Good news from this week: I've managed to decouple the rendering process into smaller pieces of code. The code used for rendering map layers (in QgsMapRenderer class) has been made reentrant, that is it can be run from several threads at the same time without threads interfering between each other. If the threading is enabled, instead of directly rendering the map layers, only a list of jobs is created and then they are processed (rendered) in threads. Once the layers are all rendered into separate images, the images are blended together and the post-processing takes place (draw labeling and other stuff). Spawning of worker threads is done automatically within the QtConcurrent framework and is said to scale with the number of processors.

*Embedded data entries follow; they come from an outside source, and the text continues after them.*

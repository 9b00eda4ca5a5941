-- ===== src/Serve/Conserve.antt =====
-- What the loop does to the frames that wait, on either side of it.
use bonded.Session.{SessionFrame}
use mathlib.Core.List.{append_assoc, append-nil}
use bonded.Serve.{
  Sent, tun_return, forwarded, pong, Loop, Service, is_heartbeat, pong_of, log_payload, transmit,
  send_logged, drain_queue,
}
use bonded.Prelude.{
  ◌&&◌, ◌%◌, ◌==◌, length, ℕ, zero, suc, ◌≡◌, refl, sym, ap, ◌∙◌, Bool, true, false, none, some,
  List, [], ◌∷◌, ◌++◌, map, if◌then◌else◌, arith, Bool-cases, inl, inr,
}

-- The client's frames that the loop has not handled.
abbrev pub waiting : Loop → List SessionFrame
waiting l = elim l.pending_frame [ none ↦ l.incoming | some frame ↦ frame ∷ l.incoming ]

-- What a heartbeat is: its flags have the lowest bit, and it has no payload.
unfoldable pub asks_for_pong : SessionFrame → Bool
asks_for_pong frame = (frame.header.flags % 2 == 1) && (length frame.payload == 0)

-- The pong that a heartbeat is due: of its connection and number, with flag 2 and no payload.
unfoldable pub due_pong : SessionFrame → SessionFrame
due_pong frame = record {
  header = record {
    connection_id = frame.header.connection_id;
    sequence = frame.header.sequence;
    flags = 2;
  };
  payload = [];
}

pub is_heartbeat-asks_for_pong : (frame : SessionFrame) → is_heartbeat frame ≡ asks_for_pong frame
unfolding is_heartbeat asks_for_pong
is_heartbeat-asks_for_pong frame = ground arith

pub pong_of-due_pong :
    (frame : SessionFrame) → is_heartbeat frame ≡ true → pong_of frame ≡ due_pong frame
unfolding is_heartbeat pong_of due_pong
pong_of-due_pong frame h = ground arith

unfoldable pub data_frames : List SessionFrame → List SessionFrame
unfolding asks_for_pong
data_frames [] = []
data_frames (frame ∷ frames) =
    if asks_for_pong frame then data_frames frames else frame ∷ data_frames frames

unfoldable pub pongs_due : List SessionFrame → List SessionFrame
unfolding asks_for_pong due_pong
pongs_due [] = []
pongs_due (frame ∷ frames) =
    if asks_for_pong frame then due_pong frame ∷ pongs_due frames else pongs_due frames

-- What was sent, by where it comes from.
unfoldable pub pongs_sent : List Sent → List SessionFrame
pongs_sent [] = []
pongs_sent (pong frame ∷ xs) = frame ∷ pongs_sent xs
pongs_sent (tun_return frame ∷ xs) = pongs_sent xs
pongs_sent (forwarded frame ∷ xs) = pongs_sent xs

unfoldable pub returns_sent : List Sent → List SessionFrame
returns_sent [] = []
returns_sent (tun_return frame ∷ xs) = frame ∷ returns_sent xs
returns_sent (pong frame ∷ xs) = returns_sent xs
returns_sent (forwarded frame ∷ xs) = returns_sent xs

unfoldable pub forwards_sent : List Sent → List SessionFrame
forwards_sent [] = []
forwards_sent (forwarded frame ∷ xs) = frame ∷ forwards_sent xs
forwards_sent (pong frame ∷ xs) = forwards_sent xs
forwards_sent (tun_return frame ∷ xs) = forwards_sent xs

-- Handled or waiting, in order.
abbrev pub client_data : Loop → List SessionFrame
client_data l = l.submitted ++ data_frames (waiting l)

abbrev pub answers : Loop → List SessionFrame
answers l = pongs_sent l.sent ++ pongs_due (waiting l)

abbrev pub returns : Loop → List SessionFrame
returns l = returns_sent l.sent ++ l.tun_queue

abbrev pub forwards : Loop → List SessionFrame
forwards l = forwards_sent l.sent ++ l.forward_queue

pub pongs_sent-append : (xs ys : List Sent) → pongs_sent (xs ++ ys) ≡ pongs_sent xs ++ pongs_sent ys
unfolding pongs_sent
pongs_sent-append [] ys = refl
pongs_sent-append (pong frame ∷ xs) ys = ap (λ zs. frame ∷ zs) (pongs_sent-append xs ys)
pongs_sent-append (tun_return frame ∷ xs) ys = pongs_sent-append xs ys
pongs_sent-append (forwarded frame ∷ xs) ys = pongs_sent-append xs ys

pub returns_sent-append :
    (xs ys : List Sent) → returns_sent (xs ++ ys) ≡ returns_sent xs ++ returns_sent ys
unfolding returns_sent
returns_sent-append [] ys = refl
returns_sent-append (tun_return frame ∷ xs) ys = ap (λ zs. frame ∷ zs) (returns_sent-append xs ys)
returns_sent-append (pong frame ∷ xs) ys = returns_sent-append xs ys
returns_sent-append (forwarded frame ∷ xs) ys = returns_sent-append xs ys

pub forwards_sent-append :
    (xs ys : List Sent) → forwards_sent (xs ++ ys) ≡ forwards_sent xs ++ forwards_sent ys
unfolding forwards_sent
forwards_sent-append [] ys = refl
forwards_sent-append (forwarded frame ∷ xs) ys = ap (λ zs. frame ∷ zs) (forwards_sent-append xs ys)
forwards_sent-append (pong frame ∷ xs) ys = forwards_sent-append xs ys
forwards_sent-append (tun_return frame ∷ xs) ys = forwards_sent-append xs ys

-- What one write does: only `sent`, `accepts` and `logged` can change.
pub record Written (x : Sent) (l : Loop) (r : Bool × Loop) : Type 0 where
  pub submitted_kept : r.1.submitted ≡ l.submitted
  pub waiting_kept : waiting r.1 ≡ waiting l
  pub tun_kept : r.1.tun_queue ≡ l.tun_queue
  pub forward_kept : r.1.forward_queue ≡ l.forward_queue
  pub writes : r.0 ≡ true → r.1.sent ≡ l.sent ++ x ∷ []
  pub fails : r.0 ≡ false → r.1.sent ≡ l.sent
  pub sure : l.accepts ≡ [] → (r.0 ≡ true) × (r.1.accepts ≡ [])

pub transmit-Written : (x : Sent) (l : Loop) → Written x l (transmit x l)
unfolding transmit
transmit-Written x l = record {
  submitted_kept = ground arith;
  waiting_kept = ground arith;
  tun_kept = ground arith;
  forward_kept = ground arith;
  writes = λ h. ground arith;
  fails = λ h. ground arith;
  sure = λ h. ground arith;
}

pub send_logged-Written :
    (s : Service) (tag : SessionFrame → Sent) (frame : SessionFrame) (l : Loop)
    → Written (tag frame) l (send_logged s tag frame l)
unfolding send_logged log_payload transmit
send_logged-Written s tag frame l = record {
  submitted_kept = ground arith;
  waiting_kept = ground arith;
  tun_kept = ground arith;
  forward_kept = ground arith;
  writes = λ h. ground arith;
  fails = λ h. ground arith;
  sure = λ h. ground arith;
}

-- What a drain does: it sends the frames it takes off the queue, and a frame is lost only with a write
-- that fails.
pub record Drained (tag : SessionFrame → Sent) (queue : List SessionFrame) (l : Loop)
    (r : Bool × List SessionFrame × Loop) : Type 0 where
  pub taken : List SessionFrame
  pub submitted_kept : r.2.submitted ≡ l.submitted
  pub waiting_kept : waiting r.2 ≡ waiting l
  pub tun_kept : r.2.tun_queue ≡ l.tun_queue
  pub forward_kept : r.2.forward_queue ≡ l.forward_queue
  pub writes : r.2.sent ≡ l.sent ++ map tag taken
  pub keeps : r.0 ≡ true → queue ≡ taken ++ r.1
  pub sure : l.accepts ≡ [] → (r.0 ≡ true) × (r.2.accepts ≡ [])

drained_on :
    (s : Service) (n : ℕ) (tag : SessionFrame → Sent) (frame : SessionFrame)
    (queue : List SessionFrame) (l : Loop)
    → (send_logged s tag frame l).0 ≡ true
    → Written (tag frame) l (send_logged s tag frame l)
    → Drained tag queue
        (send_logged s tag frame l).1
        (drain_queue s n tag queue (send_logged s tag frame l).1)
    → Drained tag (frame ∷ queue) l (drain_queue s (suc n) tag (frame ∷ queue) l)
unfolding drain_queue
drained_on s n tag frame queue l went w later =
    let sent = w.writes went in
    let same = append_assoc l.sent (tag frame ∷ []) (map tag later.taken) in
    rw (went, drain_queue)
      (record {
        taken = frame ∷ later.taken;
        submitted_kept = later.submitted_kept ∙ w.submitted_kept;
        waiting_kept = later.waiting_kept ∙ w.waiting_kept;
        tun_kept = later.tun_kept ∙ w.tun_kept;
        forward_kept = later.forward_kept ∙ w.forward_kept;
        writes = later.writes ∙ ap (λ xs. xs ++ map tag later.taken) sent ∙ same;
        keeps = λ h. ap (λ xs. frame ∷ xs) (later.keeps h);
        sure = λ h. later.sure (w.sure h).1;
      })

drained_off :
    (s : Service) (n : ℕ) (tag : SessionFrame → Sent) (frame : SessionFrame)
    (queue : List SessionFrame) (l : Loop)
    → (send_logged s tag frame l).0 ≡ false
    → Written (tag frame) l (send_logged s tag frame l)
    → Drained tag (frame ∷ queue) l (drain_queue s (suc n) tag (frame ∷ queue) l)
unfolding drain_queue
drained_off s n tag frame queue l failed w =
    rw (failed, drain_queue)
      (record {
        taken = [];
        submitted_kept = w.submitted_kept;
        waiting_kept = w.waiting_kept;
        tun_kept = w.tun_kept;
        forward_kept = w.forward_kept;
        writes = w.fails failed ∙ sym (append-nil l.sent);
        keeps = λ h. ground arith;
        sure = λ h. let (went, rest) = w.sure h in ground arith;
      })

pub drain_queue-Drained :
    (s : Service) (n : ℕ) (tag : SessionFrame → Sent) (queue : List SessionFrame) (l : Loop)
    → Drained tag queue l (drain_queue s n tag queue l)
unfolding drain_queue
drain_queue-Drained s zero tag queue l = record {
  taken = [];
  submitted_kept = refl;
  waiting_kept = refl;
  tun_kept = refl;
  forward_kept = refl;
  writes = sym (append-nil l.sent);
  keeps = λ h. refl;
  sure = λ h. (refl, h);
}
drain_queue-Drained s (suc n) tag [] l = record {
  taken = [];
  submitted_kept = refl;
  waiting_kept = refl;
  tun_kept = refl;
  forward_kept = refl;
  writes = sym (append-nil l.sent);
  keeps = λ h. refl;
  sure = λ h. (refl, h);
}
drain_queue-Drained s (suc n) tag (frame ∷ queue) l =
    let w = send_logged-Written s tag frame l in
    let later = drain_queue-Drained s n tag queue (send_logged s tag frame l).1 in
    elim (Bool-cases (send_logged s tag frame l).0) [
      | inl went ↦ drained_on s n tag frame queue l went w later
      | inr failed ↦ drained_off s n tag frame queue l failed w
    ]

To test the performance on my dual-core machine, I've loaded a bunch of big shapefiles and let it run: cca 45 seconds without threading, cca 24 seconds with threading, so we are close to the 2x speed up under good conditions. Bad conditions would mean there is one hug layer (that takes a lot of time for processing) and zero or more small layers (that are rendered quickly) - such task cannot be split well and the speedup would be small (if any).
The rendering in threads can be used when rendering to raster images - for map canvas or other uses. I'm not sure if threading would be feasible for high-quality printing output (either raster or vector) - whether the memory footprint and extensive copying of rendered data would not decrease the multi-core performance gain. (I'm not going to investigate that now as I'm focusing on making the map browsing in map canvas faster and smoother).
For the next week, I'd like to get the threading code to a bit better shape, improve the caching of rendered map layers and start designing the necessary pieces to allow the whole rendering process to be run in a worker thread and the GUI won't be blocked in meanwhile.
As I have announced before, this week was full of important school duties: on Monday 24 I had to defend my master thesis Structural Recognition of Facades (PDF) and then on Thursday 27 I was doing the final university exams. Fortunately I have been successful with both tasks.
Regarding the SoC project, I've started to pick up the pace during the weekend: updated my QGIS copy, applied some patches and coded a benchmark to measure the rendering performance. Although the benchmarks are never perfect, they provide a good base when evaluating performance improvements.
I've started with evaluation of time for rendering a bunch of points. In the graph below, the number of points is on X axis, while time in milliseconds is on Y axis. The graph has been created with the help of qtestlib-tools. Here I've compared the new symbology (available from QGIS 1.4) to old symbology. The new implementation seems to perform about 10% better, however in other scenarios the performances may vary.